Study material >>
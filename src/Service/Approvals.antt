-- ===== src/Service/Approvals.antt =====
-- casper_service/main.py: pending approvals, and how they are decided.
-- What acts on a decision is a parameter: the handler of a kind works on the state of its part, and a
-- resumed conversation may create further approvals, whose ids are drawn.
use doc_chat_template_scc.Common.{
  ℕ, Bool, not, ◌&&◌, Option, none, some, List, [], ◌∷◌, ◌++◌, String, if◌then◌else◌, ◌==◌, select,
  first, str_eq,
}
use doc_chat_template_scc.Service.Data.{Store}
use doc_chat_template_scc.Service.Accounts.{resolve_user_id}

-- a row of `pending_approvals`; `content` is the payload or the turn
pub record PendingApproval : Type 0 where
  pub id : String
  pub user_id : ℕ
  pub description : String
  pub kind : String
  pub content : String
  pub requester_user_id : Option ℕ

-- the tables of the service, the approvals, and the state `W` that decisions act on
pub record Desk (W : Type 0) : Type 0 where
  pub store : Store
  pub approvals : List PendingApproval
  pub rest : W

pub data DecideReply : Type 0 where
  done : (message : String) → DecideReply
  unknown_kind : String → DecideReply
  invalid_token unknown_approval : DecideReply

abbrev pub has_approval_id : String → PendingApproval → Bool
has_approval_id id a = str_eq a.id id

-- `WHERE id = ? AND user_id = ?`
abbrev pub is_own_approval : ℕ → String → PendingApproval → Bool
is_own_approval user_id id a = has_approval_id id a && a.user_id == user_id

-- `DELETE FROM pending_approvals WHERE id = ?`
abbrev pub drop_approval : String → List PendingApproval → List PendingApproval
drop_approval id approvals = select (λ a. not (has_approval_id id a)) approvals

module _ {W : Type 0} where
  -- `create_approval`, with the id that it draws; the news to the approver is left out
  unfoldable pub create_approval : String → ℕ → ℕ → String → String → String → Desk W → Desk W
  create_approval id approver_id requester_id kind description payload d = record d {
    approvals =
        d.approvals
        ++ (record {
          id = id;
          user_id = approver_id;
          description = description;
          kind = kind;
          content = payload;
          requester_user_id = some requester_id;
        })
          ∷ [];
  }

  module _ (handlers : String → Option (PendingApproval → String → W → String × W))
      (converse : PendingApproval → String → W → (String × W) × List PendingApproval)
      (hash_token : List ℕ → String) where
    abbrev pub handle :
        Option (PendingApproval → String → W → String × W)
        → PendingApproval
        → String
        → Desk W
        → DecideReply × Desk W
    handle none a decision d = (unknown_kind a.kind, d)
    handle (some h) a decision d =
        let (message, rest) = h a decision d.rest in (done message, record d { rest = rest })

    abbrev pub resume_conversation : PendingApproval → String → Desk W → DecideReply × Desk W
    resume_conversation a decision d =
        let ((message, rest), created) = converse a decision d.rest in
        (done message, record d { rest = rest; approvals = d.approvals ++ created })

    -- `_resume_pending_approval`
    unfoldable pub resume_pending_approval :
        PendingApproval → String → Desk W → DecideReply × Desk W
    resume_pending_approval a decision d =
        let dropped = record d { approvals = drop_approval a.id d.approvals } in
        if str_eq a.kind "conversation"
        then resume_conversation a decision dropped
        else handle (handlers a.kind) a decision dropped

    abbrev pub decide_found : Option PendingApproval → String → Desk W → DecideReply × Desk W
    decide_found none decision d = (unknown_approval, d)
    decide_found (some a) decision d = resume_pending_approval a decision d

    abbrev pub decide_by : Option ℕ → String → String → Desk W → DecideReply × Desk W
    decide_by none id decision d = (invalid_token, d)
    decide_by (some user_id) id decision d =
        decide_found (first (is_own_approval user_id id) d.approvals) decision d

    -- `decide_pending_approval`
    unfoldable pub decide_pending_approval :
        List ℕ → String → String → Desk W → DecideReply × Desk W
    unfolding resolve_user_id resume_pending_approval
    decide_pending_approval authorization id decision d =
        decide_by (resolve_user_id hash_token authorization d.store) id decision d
* * *
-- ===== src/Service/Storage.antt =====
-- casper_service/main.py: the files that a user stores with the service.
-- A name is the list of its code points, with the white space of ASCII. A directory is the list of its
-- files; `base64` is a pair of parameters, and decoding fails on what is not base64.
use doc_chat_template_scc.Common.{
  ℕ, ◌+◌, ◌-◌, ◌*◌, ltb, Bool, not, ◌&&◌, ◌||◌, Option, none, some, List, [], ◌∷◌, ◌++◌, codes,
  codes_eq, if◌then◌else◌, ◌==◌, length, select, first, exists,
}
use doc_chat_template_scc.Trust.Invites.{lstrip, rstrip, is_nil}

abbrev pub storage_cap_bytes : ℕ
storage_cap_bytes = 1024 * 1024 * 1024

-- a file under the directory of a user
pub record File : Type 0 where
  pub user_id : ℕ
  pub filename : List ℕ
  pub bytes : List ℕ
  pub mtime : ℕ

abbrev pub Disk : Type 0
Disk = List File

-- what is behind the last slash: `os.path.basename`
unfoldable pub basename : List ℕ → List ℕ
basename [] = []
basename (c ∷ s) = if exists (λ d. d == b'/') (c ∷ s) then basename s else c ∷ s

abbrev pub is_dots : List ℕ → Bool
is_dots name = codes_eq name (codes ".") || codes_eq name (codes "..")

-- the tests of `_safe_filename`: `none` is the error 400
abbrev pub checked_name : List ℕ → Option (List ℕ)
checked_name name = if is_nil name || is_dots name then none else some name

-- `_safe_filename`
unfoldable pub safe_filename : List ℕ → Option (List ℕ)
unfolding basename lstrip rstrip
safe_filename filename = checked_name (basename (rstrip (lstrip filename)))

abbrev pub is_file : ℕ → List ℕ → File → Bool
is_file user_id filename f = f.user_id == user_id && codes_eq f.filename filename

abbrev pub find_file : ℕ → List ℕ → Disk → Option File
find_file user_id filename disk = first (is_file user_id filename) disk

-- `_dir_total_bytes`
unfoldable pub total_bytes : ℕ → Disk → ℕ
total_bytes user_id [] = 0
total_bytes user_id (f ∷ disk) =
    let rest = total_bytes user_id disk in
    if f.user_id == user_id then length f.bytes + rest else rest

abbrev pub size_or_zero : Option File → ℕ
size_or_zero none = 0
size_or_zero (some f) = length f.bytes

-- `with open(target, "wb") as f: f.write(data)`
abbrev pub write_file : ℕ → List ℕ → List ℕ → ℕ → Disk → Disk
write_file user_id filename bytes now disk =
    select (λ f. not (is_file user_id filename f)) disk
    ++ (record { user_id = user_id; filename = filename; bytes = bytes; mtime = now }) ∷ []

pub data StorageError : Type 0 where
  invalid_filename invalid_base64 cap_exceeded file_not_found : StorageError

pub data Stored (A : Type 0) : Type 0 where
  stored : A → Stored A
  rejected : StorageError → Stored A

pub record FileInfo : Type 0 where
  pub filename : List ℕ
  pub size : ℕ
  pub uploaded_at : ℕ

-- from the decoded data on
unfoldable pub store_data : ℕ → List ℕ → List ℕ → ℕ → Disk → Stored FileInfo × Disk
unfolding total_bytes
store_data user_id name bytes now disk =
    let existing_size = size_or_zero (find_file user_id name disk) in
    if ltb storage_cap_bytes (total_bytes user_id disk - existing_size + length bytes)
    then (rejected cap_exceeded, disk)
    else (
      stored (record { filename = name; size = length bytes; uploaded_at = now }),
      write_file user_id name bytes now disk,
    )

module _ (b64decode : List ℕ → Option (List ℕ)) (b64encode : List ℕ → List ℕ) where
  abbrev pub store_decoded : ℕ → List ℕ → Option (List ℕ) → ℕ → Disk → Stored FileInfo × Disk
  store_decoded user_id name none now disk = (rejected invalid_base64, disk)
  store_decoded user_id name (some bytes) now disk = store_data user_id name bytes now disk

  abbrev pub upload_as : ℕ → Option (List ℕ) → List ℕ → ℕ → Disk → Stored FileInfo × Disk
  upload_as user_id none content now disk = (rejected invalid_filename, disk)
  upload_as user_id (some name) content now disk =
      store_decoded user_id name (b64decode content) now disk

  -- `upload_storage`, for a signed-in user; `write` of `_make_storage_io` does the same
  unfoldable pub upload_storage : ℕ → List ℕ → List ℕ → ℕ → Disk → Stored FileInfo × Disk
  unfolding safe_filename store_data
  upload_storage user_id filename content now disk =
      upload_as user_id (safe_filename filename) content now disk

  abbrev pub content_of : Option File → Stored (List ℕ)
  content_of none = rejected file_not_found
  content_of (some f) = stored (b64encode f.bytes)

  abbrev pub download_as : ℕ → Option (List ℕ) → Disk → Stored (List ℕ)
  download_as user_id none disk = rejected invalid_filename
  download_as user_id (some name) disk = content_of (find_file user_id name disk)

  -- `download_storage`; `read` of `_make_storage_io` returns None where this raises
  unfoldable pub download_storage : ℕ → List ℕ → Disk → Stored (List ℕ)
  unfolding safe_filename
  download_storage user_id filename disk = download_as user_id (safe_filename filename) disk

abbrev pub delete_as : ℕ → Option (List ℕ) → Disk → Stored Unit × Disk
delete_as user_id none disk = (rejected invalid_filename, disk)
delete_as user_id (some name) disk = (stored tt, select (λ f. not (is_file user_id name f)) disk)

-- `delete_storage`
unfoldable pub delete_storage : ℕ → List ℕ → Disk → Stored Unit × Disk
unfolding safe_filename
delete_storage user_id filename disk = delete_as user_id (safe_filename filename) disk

Exercise prompt >>
Using the data above, transcribe the lines that run from the line with "filename src/Service/Approvals.antt" to the line with "kind = kind;", both ends kept, and output nothing else.

Answer section >>
filename src/Service/Approvals.antt
-- ===== src/Service/Approvals.antt =====
-- casper_service/main.py: pending approvals, and how they are decided.
-- What acts on a decision is a parameter: the handler of a kind works on the state of its part, and a
-- resumed conversation may create further approvals, whose ids are drawn.
use doc_chat_template_scc.Common.{
  ℕ, Bool, not, ◌&&◌, Option, none, some, List, [], ◌∷◌, ◌++◌, String, if◌then◌else◌, ◌==◌, select,
  first, str_eq,
}
use doc_chat_template_scc.Service.Data.{Store}
use doc_chat_template_scc.Service.Accounts.{resolve_user_id}

-- a row of `pending_approvals`; `content` is the payload or the turn
pub record PendingApproval : Type 0 where
  pub id : String
  pub user_id : ℕ
  pub description : String
  pub kind : String
  pub content : String
  pub requester_user_id : Option ℕ

-- the tables of the service, the approvals, and the state `W` that decisions act on
pub record Desk (W : Type 0) : Type 0 where
  pub store : Store
  pub approvals : List PendingApproval
  pub rest : W

pub data DecideReply : Type 0 where
  done : (message : String) → DecideReply
  unknown_kind : String → DecideReply
  invalid_token unknown_approval : DecideReply

abbrev pub has_approval_id : String → PendingApproval → Bool
has_approval_id id a = str_eq a.id id

-- `WHERE id = ? AND user_id = ?`
abbrev pub is_own_approval : ℕ → String → PendingApproval → Bool
is_own_approval user_id id a = has_approval_id id a && a.user_id == user_id

-- `DELETE FROM pending_approvals WHERE id = ?`
abbrev pub drop_approval : String → List PendingApproval → List PendingApproval
drop_approval id approvals = select (λ a. not (has_approval_id id a)) approvals

module _ {W : Type 0} where
  -- `create_approval`, with the id that it draws; the news to the approver is left out
  unfoldable pub create_approval : String → ℕ → ℕ → String → String → String → Desk W → Desk W
  create_approval id approver_id requester_id kind description payload d = record d {
    approvals =
        d.approvals
        ++ (record {
          id = id;
          user_id = approver_id;
          description = description;
          kind = kind;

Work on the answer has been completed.